Они принялись рассматривать журналы.

– Я же говорил! «Наука и техника»! Годовая подписка…

– «Крестьянка», «Работница»… Я тоже говорила… Вот смотрите, тут статья про мужчин. Автор их делит на психотипы, выделяя бабника, лгуна и прочих. Обязательно себе возьму и прочитаю. А то я совершенно в мужчинах не ориентируюсь… Ой, здесь еще какие-то письма! Куда мы их денем? – растерялась Оля. – Читать чужие письма нехорошо.

Она взяла в руки стопку конвертов, перевязанных синей ленточкой, и внимательно посмотрела на Игоря.

– Судя по маркам, – он взял у нее стопку и рассмотрел, – конец шестидесятых, начало подъема так называемой целины. Обратный адрес – войсковая часть. Получатель – некая Мария Владимировна, адрес наш.

– Все равно лучше чужие письма не читать, – забрала у Игоря пачку Оля.

– Это не чужие письма, а наши, – возразил тот и вернул себе спорную корреспонденцию. – Раз дом наш, то все, что в нем находится, тоже наше.

– А если в них содержится чья-то чужая тайна?!

– Возможно, этих людей уже нет в живых! Впрочем, нет, ошибаюсь…

Игорь развязал ленту и прочитал фамилию адресата. Она совпадала с фамилией отправителя. И ни о чем не говорила ему. А вот имя…

– Имя Федор, – прищурился Игорь. – Так зовут деда Влада. И он здесь жил.

– Тогда письма нужно отправить Владу!

– Сначала нужно выяснить, что в них. Дом часто пустовал. На мансарду давно никто не заглядывал и точно уж не разбирался в старье. У нормальных людей не было на это времени!

– Что за намеки на мою ненормальность?!

– Прекрати привередничать, Ольга! Все равно сегодня больше нечем заняться, как сидеть здесь и читать чужие письма. Х-м, наши письма! Доставшиеся нам по дарственной. Мыши же наши? Наши! Они тоже достались нам вместе с домом. Железная логика, потому что мужская. К тому же Влад мне говорил, что все нужное они из этого дома забрали.

– Все равно нехорошо чужую переписку читать, – продолжала гнуть свою линию Оля. – Это словно в чужой жизни копаться любопытным носом. Если вам сегодня вечером делать нечего, то я могу статью прочитать. Слушайте! А ведь интересно пишут!

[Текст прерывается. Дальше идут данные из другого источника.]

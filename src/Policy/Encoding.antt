-- ===== src/Policy/Encoding.antt =====
-- src/policy.rs, lines 249-322: the layout of the 256-bit priority.
use Prim.Native.Nat.{bit_and, bit_or}
pub mod Slots
pub mod Order
pub mod Seat
use magma_sidecar.Prelude.{ℕ, ◌-◌}
use magma_sidecar.Word.{shl, shr}

abbrev tob_marker_bit : ℕ
tob_marker_bit = 255

abbrev opportunity_marker_bit : ℕ
opportunity_marker_bit = 128

abbrev group_key_shift : ℕ
group_key_shift = 129

abbrev backrun_id_bits : ℕ
backrun_id_bits = 126

low_128_mask : ℕ
low_128_mask = shl 1 128 - 1

pub encode_tob_priority : ℕ → ℕ
unfolding low_128_mask
encode_tob_priority scalar = bit_or (shl 1 tob_marker_bit) (bit_and scalar low_128_mask)

unfoldable pub backrun_id : ℕ → ℕ
backrun_id target = shr target (256 - backrun_id_bits)

pub encode_opportunity_priority : ℕ → ℕ
unfolding backrun_id
encode_opportunity_priority target =
    bit_or (shl (backrun_id target) group_key_shift) (shl 1 opportunity_marker_bit)

pub encode_backrun_bid_priority : ℕ → ℕ → ℕ
unfolding backrun_id low_128_mask
encode_backrun_bid_priority target scalar =
    bit_or (shl (backrun_id target) group_key_shift) (bit_and scalar low_128_mask)
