-- ===== src/Store/Workers/Order.antt =====
-- What the workers of the cleanup find does not depend on the order of their steps.
use sentrydns.Base.{
  ℕ, zero, suc, ◌≡◌, refl, sym, ◌∙◌, Bool, false, ◌||◌, List, [], ◌∷◌, Text, text_eq, any,
  any-append, arith, text_eq_iff,
}
use sentrydns.Store.Workers.{
  Worker, receiving, holding, checking, rejecting, gone, Pool, receive_next, send_next, Turn, sends,
  gives_up, stops, works, work, work_at, take_turn, take_turns,
}
use sentrydns.Store.Workers.Frame.{give_up-cases, work_at-Framed, unstopped}

abbrev pub is_in : Text → List Text → Bool
is_in d ds = any (text_eq d) ds

abbrev pub has_at : Text → Worker → Bool
has_at d receiving = false
has_at d (holding e) = text_eq d e
has_at d (checking e) = text_eq d e
has_at d (rejecting e) = text_eq d e
has_at d gone = false

abbrev pub is_with : Text → List Worker → Bool
is_with d ws = any (has_at d) ws

-- The domain is still on its way, or it is to be removed.
abbrev pub is_alive : Text → Pool → Bool
is_alive d p = is_in d p.unsent || is_in d p.queue || is_with d p.workers || is_in d p.removals

-- The rest of the pool, without its workers.
abbrev pub is_around : Text → Pool → Bool
is_around d p = is_in d p.unsent || is_in d p.queue || is_in d p.removals

receive_next-alive :
    (d : Text) (q : List Text) (p : Pool)
    → p.queue ≡ q
    → (has_at d (receive_next q p).0 || is_around d (receive_next q p).1) ≡ is_around d p
receive_next-alive d [] p e = ground arith
receive_next-alive d (c ∷ q) p e = ground arith

send_next-alive :
    (d : Text) (u : List Text) (p : Pool) → p.unsent ≡ u → is_alive d (send_next u p) ≡ is_alive d p
send_next-alive d [] p e = ground arith
send_next-alive d (c ∷ u) p e = ground (arith, any-append (text_eq d) p.queue (c ∷ []))

module _ (validate : Text → Bool) (d : Text) (bad : validate d ≡ false) where
  work-alive :
      (w : Worker) (p : Pool)
      → p.stopped ≡ false
      → (has_at d (work validate w p).0 || is_around d (work validate w p).1)
        ≡ (has_at d w || is_around d p)
  unfolding work
  work-alive receiving p h = receive_next-alive d p.queue p refl
  work-alive (holding e) p h = ground arith
  work-alive (checking e) p h = let t = (text_eq_iff d e) in ground arith
  work-alive (rejecting e) p h = ground (arith, any-append (text_eq d) p.removals (e ∷ []))
  work-alive gone p h = refl

  work_at-alive :
      (i : ℕ) (ws : List Worker) (p : Pool)
      → p.stopped ≡ false
      → let (ws', p') = work_at validate i ws p in
        (is_with d ws' || is_around d p') ≡ (is_with d ws || is_around d p)
  unfolding work_at
  work_at-alive i [] p h = refl
  work_at-alive zero (w ∷ ws) p h = let ih = work-alive w p h in ground arith
  work_at-alive (suc i) (w ∷ ws) p h = let ih = work_at-alive i ws p h in ground arith

  take_turn-alive :
      (t : Turn) (p : Pool)
      → (take_turn validate t p).stopped ≡ false
      → is_alive d (take_turn validate t p) ≡ is_alive d p
  unfolding take_turn
  take_turn-alive sends p h = let e = send_next-alive d p.unsent p refl in ground arith
  take_turn-alive gives_up p h = let g = give_up-cases p.unsent p in ground arith
  take_turn-alive stops p h = absurd (ground arith)
  take_turn-alive (works i) p h =
      let f = work_at-Framed validate i p.workers p in
      let e = work_at-alive i p.workers p (sym f.stopped ∙ h) in let u = f.unsent in ground arith

  pub take_turns-alive :
      (ts : List Turn) (p : Pool)
      → (take_turns validate ts p).stopped ≡ false
      → is_alive d (take_turns validate ts p) ≡ is_alive d p
  unfolding take_turns
  take_turns-alive [] p h = refl
  take_turns-alive (t ∷ ts) p h =
      let p' = take_turn validate t p in
      let before = unstopped validate ts p' h in
      take_turns-alive ts p' h ∙ take_turn-alive t p before
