-- ===== src/Store/Workers/Deletes.antt =====
-- The loop of the cleanup that deletes what the workers found.
use sentrydns.Base.{
  ℕ, ◌+◌, ◌≡◌, refl, sym, ap, ◌∙◌, Bool, true, false, not, List, [], ◌∷◌, length, Text, Dict,
  text_eq, keep, delete, find, Distinct, delete-Distinct, find-delete, Bool-cases, inl, inr, arith,
  text_eq_iff, All-delete, none, subst,
}
use sentrydns.Domain.{has}
use sentrydns.LearnedFile.RoundTrip.{AllTrue}
use sentrydns.Store.{delete_all}
use sentrydns.Store.Workers.Order.{is_in}

keep-delete :
    (d : Text) (ds : List Text) (m : Dict Bool)
    → keep (λ e. not (is_in e.0 ds)) (delete d m) ≡ keep (λ e. not (is_in e.0 (d ∷ ds))) m
unfolding delete
keep-delete d ds [] = refl
keep-delete d ds ((k, v) ∷ m) = let ih = keep-delete d ds m in ground (arith, text_eq_iff k d)

keep-absent :
    (d : Text) (ds : List Text) (m : Dict Bool)
    → AllTrue m
    → has m d ≡ false
    → keep (λ e. not (is_in e.0 ds)) m ≡ keep (λ e. not (is_in e.0 (d ∷ ds))) m
unfolding has find
keep-absent d ds [] t h = refl
keep-absent d ds ((k, v) ∷ m) t h =
    let differ : text_eq k d ≡ false = let u = t.0 in ground arith in
    let ih = keep-absent d ds m t.1 (ground arith) in rw (differ, ih) refl

keep-all : (m : Dict Bool) → keep (λ e. not (is_in e.0 [])) m ≡ m
keep-all [] = refl
keep-all (e ∷ m) = ap (λ r. e ∷ r) (keep-all m)

delete-none : (d : Text) (m : Dict Bool) → find d m ≡ none → delete d m ≡ m
unfolding find delete
delete-none d [] h = refl
delete-none d ((k, v) ∷ m) h =
    let differ : text_eq k d ≡ false = ground arith in
    rw differ (ap (λ r. (k, v) ∷ r) (delete-none d m (ground arith)))

delete_all-there :
    (d : Text) (ds : List Text) (m : Dict Bool) (n : ℕ)
    → has m d ≡ true
    → delete_all (d ∷ ds) m n ≡ delete_all ds (delete d m) (n + 1)
unfolding delete_all
delete_all-there d ds m n h = ground arith

delete_all-absent :
    (d : Text) (ds : List Text) (m : Dict Bool) (n : ℕ)
    → has m d ≡ false
    → delete_all (d ∷ ds) m n ≡ delete_all ds m n
unfolding delete_all
delete_all-absent d ds m n h = ground arith

-- The loop that deletes leaves what is not on its list.
pub delete_all-keep :
    (ds : List Text) (m : Dict Bool) (n : ℕ)
    → AllTrue m
    → (delete_all ds m n).0 ≡ keep (λ e. not (is_in e.0 ds)) m
unfolding delete_all
delete_all-keep [] m n t = sym (keep-all m)
delete_all-keep (d ∷ ds) m n t = elim (Bool-cases (has m d)) [
  | inl e ↦ rw (delete_all-there d ds m n e) (
      delete_all-keep ds (delete d m) (n + 1) (All-delete (λ p. p.1 ≡ true) d m t)
      ∙ keep-delete d ds m)
  | inr e ↦ rw (delete_all-absent d ds m n e) (delete_all-keep ds m n t ∙ keep-absent d ds m t e)
]

length-delete_known :
    (d : Text) (m : Dict Bool) → Distinct m → has m d ≡ true → length (delete d m) + 1 ≡ length m
unfolding has find delete
length-delete_known d [] u h = absurd (ground arith)
length-delete_known d ((k, v) ∷ m) u h = elim (Bool-cases (text_eq k d)) [
  | inl e ↦
      rw (e, delete-none d m (subst (λ t. find t m ≡ none) ((text_eq_iff k d).0 e) u.0))
        (omega arith)
  | inr e ↦ let ih = length-delete_known d m u.1 (ground arith) in rw e (omega (arith, ih))
]

-- It counts what it takes away.
pub delete_all-count :
    (ds : List Text) (m : Dict Bool) (n : ℕ)
    → Distinct m
    → let (rest, removed) = delete_all ds m n in removed + length rest ≡ n + length m
unfolding delete_all
delete_all-count [] m n u = refl
delete_all-count (d ∷ ds) m n u = elim (Bool-cases (has m d)) [
  | inl e ↦
      let l = length-delete_known d m u e in
      let ih = delete_all-count ds (delete d m) (n + 1) (delete-Distinct d m u) in
      rw (delete_all-there d ds m n e) (omega (arith, ih, l))
  | inr e ↦ rw (delete_all-absent d ds m n e) (delete_all-count ds m n u)
]

has-delete : (d e : Text) (m : Dict Bool) → text_eq e d ≡ false → has (delete e m) d ≡ has m d
unfolding has
has-delete d e m h = rw (find-delete e d m, h) refl

-- A domain that is not on the list stays.
pub has-delete_all :
    (d : Text) (ds : List Text) (m : Dict Bool) (n : ℕ)
    → is_in d ds ≡ false
    → has (delete_all ds m n).0 d ≡ has m d
unfolding delete_all
has-delete_all d [] m n h = refl
has-delete_all d (e ∷ ds) m n h = elim (Bool-cases (has m e)) [
  | inl there ↦
      let ih = has-delete_all d ds (delete e m) (n + 1) (ground arith) in
      let other : text_eq e d ≡ false = ground (arith, text_eq_iff e d, text_eq_iff d e) in
      rw (delete_all-there e ds m n there) (ih ∙ has-delete d e m other)
  | inr absent ↦ rw (delete_all-absent e ds m n absent) (has-delete_all d ds m n (ground arith))
]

И Оля принялась читать статью о каком-то старом доме в отдаленной деревне, где жили странные люди, перекопавшие в своей деревне все, что только смогли! Журналист искренне удивлялся такому порыву и искал корни землекопательной болезни сельчан. И нашел.

Жил в том доме состоятельный старик. То ли пенсия у него была хорошая, то ли вправду люди шептались о том, что работал он в райпо главным бухгалтером и его чуть не посадили за расхищение государственного имущества. Жил не бедно, но и не излишествовал. По всему было видно, что деньги у него водились. Многие просили у него в долг. Он никому не давал, ну, понятно, как у нас долги отдают… Просили и близкие деда поделиться нажитым. И сказал тогда старик своим жадным родственникам, что спрятал клад и скажет им где только перед смертью. Те ходили, выспрашивали каждый день, но он упорно не говорил. Ждите, говорил, моей естественной смерти, тогда и скажу. Если убьете или отравите – ничего не получите. Те смирились и стали ждать. Время шло, старик ободрял своих родных: вот-вот, мол, уже скоро. Как только, так сразу все скажу. И вдруг старика внезапно хватил удар, и у него отказали органы: язык, руки, ноги. Лежал как овощ! И ничего он им сказать так и не смог! Отчего-то сильно Бог на них всех обиделся и вот так наказал. После смерти старика родственники весь участок перекопали! Дом от фундамента до крыши проверили – ничего не нашли. Даже колодец осушали и каждое кольцо простукивали – нет ли лишних вложений. Ничего не нашли. Так и остался тот клад нетронутым. Кто его найдет – кто ж знает?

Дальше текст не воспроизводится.